Record set:
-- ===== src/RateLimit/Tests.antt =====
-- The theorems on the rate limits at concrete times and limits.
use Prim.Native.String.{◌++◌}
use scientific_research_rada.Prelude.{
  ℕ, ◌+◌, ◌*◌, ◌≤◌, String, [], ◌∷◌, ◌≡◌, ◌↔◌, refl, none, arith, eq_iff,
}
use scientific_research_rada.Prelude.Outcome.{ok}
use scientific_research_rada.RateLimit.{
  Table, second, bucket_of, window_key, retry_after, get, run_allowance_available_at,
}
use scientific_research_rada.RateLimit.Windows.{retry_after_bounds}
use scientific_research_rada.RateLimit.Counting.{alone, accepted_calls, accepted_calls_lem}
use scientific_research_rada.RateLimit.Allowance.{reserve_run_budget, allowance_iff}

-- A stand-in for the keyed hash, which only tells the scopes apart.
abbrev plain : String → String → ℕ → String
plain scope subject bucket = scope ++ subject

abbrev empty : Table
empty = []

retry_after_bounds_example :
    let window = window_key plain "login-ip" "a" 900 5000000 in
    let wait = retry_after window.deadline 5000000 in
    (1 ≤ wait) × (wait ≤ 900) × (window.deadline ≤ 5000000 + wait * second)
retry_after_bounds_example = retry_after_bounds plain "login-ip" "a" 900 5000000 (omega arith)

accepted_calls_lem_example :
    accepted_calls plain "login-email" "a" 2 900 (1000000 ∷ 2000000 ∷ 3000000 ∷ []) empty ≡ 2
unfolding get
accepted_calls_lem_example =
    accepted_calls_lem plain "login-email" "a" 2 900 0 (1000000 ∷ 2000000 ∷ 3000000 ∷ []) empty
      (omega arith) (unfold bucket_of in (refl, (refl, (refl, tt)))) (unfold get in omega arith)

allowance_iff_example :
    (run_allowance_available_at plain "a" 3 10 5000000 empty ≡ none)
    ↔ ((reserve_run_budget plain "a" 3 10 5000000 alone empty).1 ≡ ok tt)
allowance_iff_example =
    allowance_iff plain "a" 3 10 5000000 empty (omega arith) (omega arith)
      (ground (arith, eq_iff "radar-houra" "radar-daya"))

---

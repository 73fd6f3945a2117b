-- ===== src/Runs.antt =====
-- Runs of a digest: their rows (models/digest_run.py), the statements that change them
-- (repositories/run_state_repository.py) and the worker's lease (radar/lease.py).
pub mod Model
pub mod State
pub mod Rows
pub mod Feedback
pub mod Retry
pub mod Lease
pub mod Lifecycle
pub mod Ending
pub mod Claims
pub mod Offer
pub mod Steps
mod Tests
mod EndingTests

How to complete this task: Return only the part of the records above that opens with the line containing "900 0 (1000000" and closes with the line containing "(ground (arith, eq_iff", ends included.

Your response:
    accepted_calls_lem plain "login-email" "a" 2 900 0 (1000000 ∷ 2000000 ∷ 3000000 ∷ []) empty
      (omega arith) (unfold bucket_of in (refl, (refl, (refl, tt)))) (unfold get in omega arith)

allowance_iff_example :
    (run_allowance_available_at plain "a" 3 10 5000000 empty ≡ none)
    ↔ ((reserve_run_budget plain "a" 3 10 5000000 alone empty).1 ≡ ok tt)
allowance_iff_example =
    allowance_iff plain "a" 3 10 5000000 empty (omega arith) (omega arith)
      (ground (arith, eq_iff "radar-houra" "radar-daya"))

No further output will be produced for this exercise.